To overwrite existing file:
$> esgdrs todo --project PROJECT_ID /PATH/TO/SCAN/ --commands-file /PATH/TO/COMMANDS.txt --overwrite-commands-file
Change the migration mode¶
esgdrs allows different file migration mode.
Default is to move the files from the incoming path to the root directory. Use
--copy to make hard copies,
--link to make hard links or
--symlink to make symbolic links from the incoming path. We recommend to use
--link and remove the incoming directory after DRS checking. This doesn’t affect the symbolic link skeleton used
for the dataset versioning.
$> esgdrs todo --project PROJECT_ID /PATH/TO/SCAN/ --copy $> esgdrs todo --project PROJECT_ID /PATH/TO/SCAN/ --link $> esgdrs todo --project PROJECT_ID /PATH/TO/SCAN/ --symlink
esgdrs temporarily stores the result of the
list action to quickly generate the DRS tree
afterwards. This requires to strictly submit the same arguments from the
list action to the following ones.
If not, the incoming files are automatically scan again.
Run the DRS upgrade¶
This will apply all the Unix command you can print with the
$> esgdrs upgrade --project PROJECT_ID /PATH/TO/SCAN/
Run the DRS upgrade from the latest version¶
esgdrs supports two upgrade methods:
(a) (the default) The incoming directory must contain the complete contents of the new version of the dataset. If a file is unchanged from the previous version, it must still be supplied in incoming, although esgprep will detect that it is unmodified, and will optimise disk space by removing duplicates and symlinking to the old version instead. Any files that are not supplied are treated as removed in the new version.
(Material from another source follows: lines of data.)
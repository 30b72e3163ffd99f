-- ===== src/Tests/Monitoring.antt =====
-- The monitor of src/monitor on short histories.
use hi_mqtt.Prelude.{
  ℕ, ◌*◌, ◌/◌, ◌==◌, ◌≡◌, ◌≤◌, refl, arith, if◌then◌else◌, none, some, false, [], ◌∷◌, ◌++◌, List,
  Text, Bool, select, codes, length, min, max, any, map,
}
use hi_mqtt.Monitor.State.{
  MessageRecord, MonitorState, TopicCount, new_monitor, list_messages, top_topics, to_topic_count,
}
use mathlib.Core.List.{reverse}
use hi_mqtt.Monitor.State.Listing.{is_asked, list_messages-newest}
use hi_mqtt.Monitor.State.Ranking.{IsFalling, top_topics_ranking}
use hi_mqtt.Monitor.Collector.{
  forward, nothing, link_closed, Collector, Input, collect, collector_loop,
}
use hi_mqtt.Monitor.Collector.Stop.{collector_loop-returns}
use hi_mqtt.Monitor.System.Snapshot.{
  Floats, Readings, collect_snapshot, snapshot_after, AgreeOffZero, snapshot_after-agrees,
}

abbrev bytes : List ℕ → Text
bytes b = b

abbrev message : ℕ → MessageRecord
message now = record {
  id = 1;
  ts = now;
  topic = codes "a";
  payload = codes "x";
  payload_bytes = 1;
  qos = 0;
  retain = false;
}

-- A buffer of one message that has seen one message.
abbrev seen : MonitorState
seen = record (new_monitor 1) {
  messages = message 5 ∷ [];
  topic_counts = (codes "a", 1) ∷ [];
  recent_ts = 5 ∷ [];
  message_total = 1;
}

abbrev seen_two : MonitorState
seen_two = record (new_monitor 2) { messages = message 5 ∷ message 6 ∷ [] }

one_is_listed :
    (rest : List MessageRecord) × (list_messages false 1 9 seen_two ++ rest
      ≡ reverse (select (is_asked 9 false) seen_two.messages))
    × (length (list_messages false 1 9 seen_two)
        ≡ min (max (min 1 2) 1) (length (select (is_asked 9 false) seen_two.messages)))
unfolding new_monitor
one_is_listed = list_messages-newest 1 9 seen_two false ((omega arith, tt), (tt, tt))

two_are_ranked :
    (rest : List TopicCount) × (length (top_topics ((codes "a", 1) ∷ (codes "b", 2) ∷ [])) ≤ 8)
    × IsFalling (λ c. c.count) (top_topics ((codes "a", 1) ∷ (codes "b", 2) ∷ []) ++ rest)
    × ((p : TopicCount → Bool)
        → any p (top_topics ((codes "a", 1) ∷ (codes "b", 2) ∷ []) ++ rest)
          ≡ any p (map to_topic_count ((codes "a", 1) ∷ (codes "b", 2) ∷ [])))
two_are_ranked = top_topics_ranking ((codes "a", 1) ∷ (codes "b", 2) ∷ [])

abbrev quiet : Input
quiet = record {
  batches = [];
  polled_at = 0;
  refreshed_at = 0;
  refresh_now = 0;
  received = nothing;
  message_now = 0;
}

abbrev arrival : Input
arrival = record quiet { received = forward (codes "a") (codes "x") false; message_now = 9 }

abbrev shut : Input
shut = record quiet { received = link_closed }

abbrev collector : Collector
collector = record { state = seen; connections = []; subscriptions = []; last_meter_poll = 0 }

loop_stops_at_the_close :
    collector_loop bytes (arrival ∷ quiet ∷ shut ∷ arrival ∷ []) collector
    ≡ (collect bytes shut (collector_loop bytes (arrival ∷ quiet ∷ []) collector)).1
loop_stops_at_the_close =
    collector_loop-returns bytes (arrival ∷ quiet ∷ []) (arrival ∷ []) shut collector
      (refl, (refl, tt)) refl

-- Two arithmetics that differ in what a division by zero gives.
abbrev floats : ℕ → Floats ℕ ℕ
floats by_zero = record {
  f32_zero = 0;
  f32_sum = length;
  f32_of = λ n. n;
  f32_div = λ x y. if y == 0 then by_zero else x / y;
  f64_of = λ n. n;
  f64_div = λ x y. if y == 0 then by_zero else x / y;
  percent = λ x. 100 * x;
}

floats-AgreeOffZero : AgreeOffZero (floats 1) (floats 2)
floats-AgreeOffZero = record {
  zeros = refl;
  sums = λ xs. refl;
  f32s = λ n. refl;
  f64s = λ n. refl;
  percents = λ x. refl;
  f32_divs = λ x n h. ground (arith, h);
  f64_divs = λ x n h. ground (arith, h);
}

-- A machine that tells nothing of itself.
abbrev bare : Readings ℕ ℕ
bare = record {
  cpus = [];
  total_memory = 0;
  used_memory = 0;
  total_swap = 0;
  used_swap = 0;
  disks = [];
  load_one = 0;
  load_five = 0;
  load_fifteen = 0;
  process = none;
  host_name = none;
  uptime = 0;
  now = 9;
}

bare_machine_is_shown :
    snapshot_after (floats 1) (some bare ∷ none ∷ []) (collect_snapshot (floats 1) bare)
    ≡ snapshot_after (floats 2) (some bare ∷ none ∷ []) (collect_snapshot (floats 1) bare)
bare_machine_is_shown =
    snapshot_after-agrees (floats 1) (floats 2) floats-AgreeOffZero (some bare ∷ none ∷ [])
      (collect_snapshot (floats 1) bare)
(b) The new version of the dataset is based primarily on the previous published version. The user supplies in the incoming directory (or directories) only the files which are modified in the new version. Any file not supplied in incoming is considered to be the same as in the previous version, and a symlink is created accordingly.
--upgrade-from-latest allows you to toggle to method (b):
$> esgdrs upgrade --project PROJECT_ID /PATH/TO/SCAN/ --upgrade-from-latest
By construction, method (b) might not support to simply delete a file between versions, rather than modifying it.
The associated flag
--ignore-from-latest allows you to submit a list of filenames to ignore during the version
upgrade (i.e., files to be deleted between versions).
$> esgdrs upgrade --project PROJECT_ID /PATH/TO/SCAN/ --ignore-from-latest /PATH/TO/FILENAMES.TXT
--ignore-from-latest is submitted,
--upgrade-from-latest is set to
True by default.
We highly recommend to use the
tree action to see what the upgraded tree looks like before applying
By default the
list action scans data and record the rebuilt DRS tree into a temporary Pickle file. This file is
then read to skip data scan when other actions (i.e.,
upgrad) are invoked, except if key
options have been changed from the previous
list call. In such a case the scan is redone automatically.
To force the rescan in any case:
$> esgdrs upgrade --project PROJECT_ID /PATH/TO/SCAN/ --rescan
- Status = 0
- All the files have been successfully scanned and the DRS tree properly generated.
- Status > 0
- Some scan errors occurred. Some files have been skipped or failed during the scan potentially leading to an incomplete DRS tree.